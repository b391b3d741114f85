-- ===== src/Vnet/UdpConnMap/Laws.antt =====
-- The invariant of vnet/conn_map.go, and what its methods keep of it.
use transport.Prelude.{
  ℕ, ◌+◌, ◌≡◌, ◌≢◌, refl, ◌↔◌, true, false, none, some, List, [], ◌∷◌, ◌++◌, arith, Bool-cases,
  Option-cases, some-inj, inl, inr, length-append,
}
use transport.Vnet.Addr.{Ip, Addr, is_unspecified, ip_eq_refl}
use transport.Vnet.PortMap.{lookup, lookup-insert, lookup-erase, total-insert}
use mathlib.Core.Path.{subst}
use transport.Vnet.PortList.{covers, taken, first_covering, ApartFrom, AllApart, OnPort, IsValid}
use transport.Vnet.PortList.Laws.{
  append-ne-nil, OnPort-append, AllApart-append, put-IsValid, erase-IsValid, first_covering-taken,
  first_covering-append,
}
use transport.Vnet.UdpConnMap.{
  UdpConn, UdpConnMap, cannot_remove_unspecified_ip, local_addr, insert, find, without, store_kept,
  delete, size,
}

-- What `delete` keeps of a port's list is again such a list, but it may be empty.
ApartFrom-without :
    (ip : Ip) (d : UdpConn) (cs kept : List UdpConn)
    → without ip cs ≡ some kept
    → ApartFrom local_addr d cs
    → ApartFrom local_addr d kept
unfolding without
ApartFrom-without ip d [] kept e h = subst (ApartFrom local_addr d) (some-inj e) tt
ApartFrom-without ip d (c ∷ cs) kept e h = elim (Option-cases (without ip cs)) [
  | inl stuck ↦ ground arith
  | inr (k, q) ↦ ground (arith, ApartFrom-without ip d cs k q h.1)
]

OnPort-without :
    (ip : Ip) (p : ℕ) (cs kept : List UdpConn)
    → without ip cs ≡ some kept
    → OnPort local_addr p cs
    → OnPort local_addr p kept
unfolding without
OnPort-without ip p [] kept e h = subst (OnPort local_addr p) (some-inj e) tt
OnPort-without ip p (c ∷ cs) kept e h = elim (Option-cases (without ip cs)) [
  | inl stuck ↦ ground arith
  | inr (k, q) ↦ ground (arith, OnPort-without ip p cs k q h.1)
]

AllApart-without :
    (ip : Ip) (cs kept : List UdpConn)
    → without ip cs ≡ some kept
    → AllApart local_addr cs
    → AllApart local_addr kept
unfolding without
AllApart-without ip [] kept e h = subst (AllApart local_addr) (some-inj e) tt
AllApart-without ip (c ∷ cs) kept e h = elim (Option-cases (without ip cs)) [
  | inl stuck ↦ ground arith
  | inr (k, q) ↦ ground (arith, ApartFrom-without ip c cs k q h.0, AllApart-without ip cs k q h.1)
]

store_kept-IsValid :
    (p : ℕ) (m : UdpConnMap) (kept : List UdpConn)
    → OnPort local_addr p kept
    → AllApart local_addr kept
    → IsValid local_addr m
    → IsValid local_addr (store_kept p m kept)
unfolding store_kept
store_kept-IsValid p m [] on apart h = erase-IsValid local_addr p m h
store_kept-IsValid p m (c ∷ cs) on apart h =
    put-IsValid local_addr p (c ∷ cs) m (record { nonempty = λ e. cc; on_port = on; apart = apart })
      h

insert-IsValid :
    (m : UdpConnMap) (c : UdpConn) → IsValid local_addr m → IsValid local_addr (insert m c).1
unfolding insert
insert-IsValid m c h = elim (Option-cases (lookup c.loc_addr.port m)) [
  | inl free ↦
      rw (free, insert)
        (put-IsValid local_addr _ _ m
          (record { nonempty = λ e. cc; on_port = (refl, tt); apart = (tt, tt) }) h)
  | inr (conns, used) ↦
      rw (used, insert)
        (elim (Bool-cases (is_unspecified c.loc_addr.ip)) [
          | inl wild ↦ rw wild h
          | inr specified ↦ rw specified (elim (Bool-cases (taken local_addr c.loc_addr.ip conns)) [
            | inl clash ↦ rw clash h
            | inr apart ↦ rw apart (
                put-IsValid local_addr _ _ m
                  (record {
                    nonempty = append-ne-nil local_addr conns c;
                    on_port = OnPort-append local_addr _ conns c (h _ conns used).on_port refl;
                    apart =
                        AllApart-append local_addr c specified conns (h _ conns used).apart apart;
                  })
                  h)
          ])
        ])
]

delete-IsValid :
    (m : UdpConnMap) (a : Addr) → IsValid local_addr m → IsValid local_addr (delete m a).1
unfolding delete
delete-IsValid m a h = elim (Option-cases (lookup a.port m)) [
  | inl free ↦ rw (free, delete) h
  | inr (conns, used) ↦
      rw (used, delete)
        (elim (Bool-cases (is_unspecified a.ip)) [
          | inl wild ↦ rw wild (erase-IsValid local_addr _ m h)
          | inr specified ↦ rw specified (elim (Option-cases (without a.ip conns)) [
            | inl refused ↦ rw refused h
            | inr (kept, e) ↦ rw e (
                store_kept-IsValid a.port m kept
                  (OnPort-without a.ip _ conns kept e (h _ conns used).on_port)
                  (AllApart-without a.ip conns kept e (h _ conns used).apart) h)
          ])
        ])
]

-- Both methods that change the map keep the invariant, whatever they return: the list of a port is
-- never empty, its connections are of that port, and no two of them could take the same packet.
pub UdpConnMap-IsValid :
    (m : UdpConnMap) (c : UdpConn) (a : Addr)
    → IsValid local_addr m
    → IsValid local_addr (insert m c).1 × IsValid local_addr (delete m a).1
UdpConnMap-IsValid m c a h = (insert-IsValid m c h, delete-IsValid m a h)

-- On a valid map `insert` accepts a connection exactly if `find` gives no connection for its
-- address: an address is refused only if a listener could already take its packets.
pub insert-find :
    (m : UdpConnMap) (c : UdpConn)
    → IsValid local_addr m
    → ((insert m c).0 ≡ none) ↔ ((find m c.loc_addr).0 ≡ none)
unfolding insert find
insert-find m c h = elim (Option-cases (lookup c.loc_addr.port m)) [
  | inl free ↦ ground arith
  | inr ([], used) ↦ absurd ((h _ [] used).nonempty refl)
  | inr ((d ∷ ds), used) ↦ ground (arith, first_covering-taken local_addr c.loc_addr.ip (d ∷ ds))
]

-- What `find` returns depends on the list of the address's port alone.
find-lookup :
    (m m' : UdpConnMap) (a : Addr)
    → lookup a.port m ≡ lookup a.port m'
    → (find m a).0 ≡ (find m' a).0
unfolding find
find-lookup m m' a e = elim (Option-cases (lookup a.port m')) [
  | inl free ↦ ground arith
  | inr ([], used) ↦ ground arith
  | inr ((d ∷ ds), used) ↦ ground arith
]

insert-other :
    (m : UdpConnMap) (c : UdpConn) (p : ℕ)
    → c.loc_addr.port ≢ p
    → lookup p (insert m c).1 ≡ lookup p m
unfolding insert
insert-other m c p ne = elim (Option-cases (lookup c.loc_addr.port m)) [
  | inl free ↦ ground (arith, lookup-insert c.loc_addr.port p (c ∷ []) m)
  | inr (cs, used) ↦ ground (arith, lookup-insert c.loc_addr.port p (cs ++ (c ∷ [])) m)
]

find-insert_self :
    (m : UdpConnMap) (c : UdpConn)
    → (insert m c).0 ≡ none
    → (find (insert m c).1 c.loc_addr).0 ≡ some c
unfolding insert find first_covering covers
find-insert_self m c e = elim (Option-cases (lookup c.loc_addr.port m)) [
  | inl free ↦
      ground
        (arith, lookup-insert c.loc_addr.port c.loc_addr.port (c ∷ []) m, ip_eq_refl c.loc_addr.ip)
  | inr (cs, used) ↦ ground (
    arith,
    lookup-insert c.loc_addr.port c.loc_addr.port (cs ++ (c ∷ [])) m,
    first_covering-append local_addr c cs,
  )
]

-- A connection that `insert` accepts is what `find` returns for its address, and the connections
-- of all other ports are found as before.
pub find-insert :
    (m : UdpConnMap) (c : UdpConn)
    → (insert m c).0 ≡ none
    → ((find (insert m c).1 c.loc_addr).0 ≡ some c)
      × ((a : Addr) → c.loc_addr.port ≢ a.port → (find (insert m c).1 a).0 ≡ (find m a).0)
find-insert m c e =
    (find-insert_self m c e, λ a ne. find-lookup (insert m c).1 m a (insert-other m c a.port ne))

-- On success `insert` adds one connection to the size of the map, and a refused one leaves the map
-- as it is.
pub size-insert :
    (m : UdpConnMap) (c : UdpConn)
    → ((insert m c).0 ≡ none → size (insert m c).1 ≡ size m + 1)
      × ((insert m c).0 ≢ none → (insert m c).1 ≡ m)
unfolding insert size
size-insert m c = elim (Option-cases (lookup c.loc_addr.port m)) [
  | inl free ↦ ground (arith, total-insert c.loc_addr.port (c ∷ []) m)
  | inr (cs, used) ↦
      ground (arith, total-insert c.loc_addr.port (cs ++ (c ∷ [])) m, length-append cs (c ∷ []))
]

first_covering-without :
    (ip : Ip) (cs kept : List UdpConn)
    → without ip cs ≡ some kept
    → first_covering local_addr ip kept ≡ none
unfolding without first_covering covers
first_covering-without ip [] kept e = ground arith
first_covering-without ip (c ∷ cs) kept e = elim (Option-cases (without ip cs)) [
  | inl stuck ↦ ground arith
  | inr (k, q) ↦ ground (arith, first_covering-without ip cs k q)
]

-- After a `delete` that succeeds, `find` gives no connection for the deleted address, and a wildcard
-- address takes every connection off its port.
pub find-delete :
    (m : UdpConnMap) (a : Addr) → (delete m a).0 ≡ none → (find (delete m a).1 a).0 ≡ none
unfolding delete find store_kept
find-delete m a e = elim (Option-cases (lookup a.port m)) [
  | inl free ↦ ground arith
  | inr (conns, used) ↦ elim (Option-cases (without a.ip conns)) [
    | inl refused ↦ ground (arith, lookup-erase a.port a.port m)
    | inr ([], q) ↦ ground (arith, lookup-erase a.port a.port m)
    | inr ((d ∷ ds), q) ↦ ground (
      arith,
      lookup-erase a.port a.port m,
      lookup-insert a.port a.port (d ∷ ds) m,
      first_covering-without a.ip conns (d ∷ ds) q,
    )
  ]
]

without-wildcard :
    (ip : Ip) (cs : List UdpConn) (w : UdpConn)
    → first_covering local_addr ip cs ≡ some w
    → is_unspecified w.loc_addr.ip ≡ true
    → without ip cs ≡ none
unfolding without first_covering covers
without-wildcard ip [] w e h = cc
without-wildcard ip (c ∷ cs) w e h = ground (arith, without-wildcard ip cs w)

-- Where `find` gives a wildcard connection for a specified address, `delete` of that address
-- returns errCannotRemoveUnspecifiedIP and leaves the map as it is.
pub delete-wildcard :
    (m : UdpConnMap) (a : Addr) (w : UdpConn)
    → (find m a).0 ≡ some w
    → is_unspecified a.ip ≡ false
    → is_unspecified w.loc_addr.ip ≡ true
    → delete m a ≡ (some cannot_remove_unspecified_ip, m)
unfolding delete find
delete-wildcard m a w e specified wild = elim (Option-cases (lookup a.port m)) [
  | inl free ↦ ground arith
  | inr (conns, used) ↦ ground (arith, without-wildcard a.ip conns w)
]

-- A valid map has no empty list, so that `find` leaves it as it is.
pub find-same : (m : UdpConnMap) (a : Addr) → IsValid local_addr m → (find m a).1 ≡ m
unfolding find
find-same m a h = elim (Option-cases (lookup a.port m)) [
  | inl free ↦ ground arith
  | inr ([], used) ↦ absurd ((h _ [] used).nonempty refl)
  | inr ((d ∷ ds), used) ↦ ground arith
]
* * * *
## Exercise goal
Copy down each line in the entries that has the word "other".

## Response area
insert-other :
insert-other m c p ne = elim (Option-cases (lookup c.loc_addr.port m)) [
-- of all other ports are found as before.
    (find-insert_self m c e, λ a ne. find-lookup (insert m c).1 m a (insert-other m c a.port ne))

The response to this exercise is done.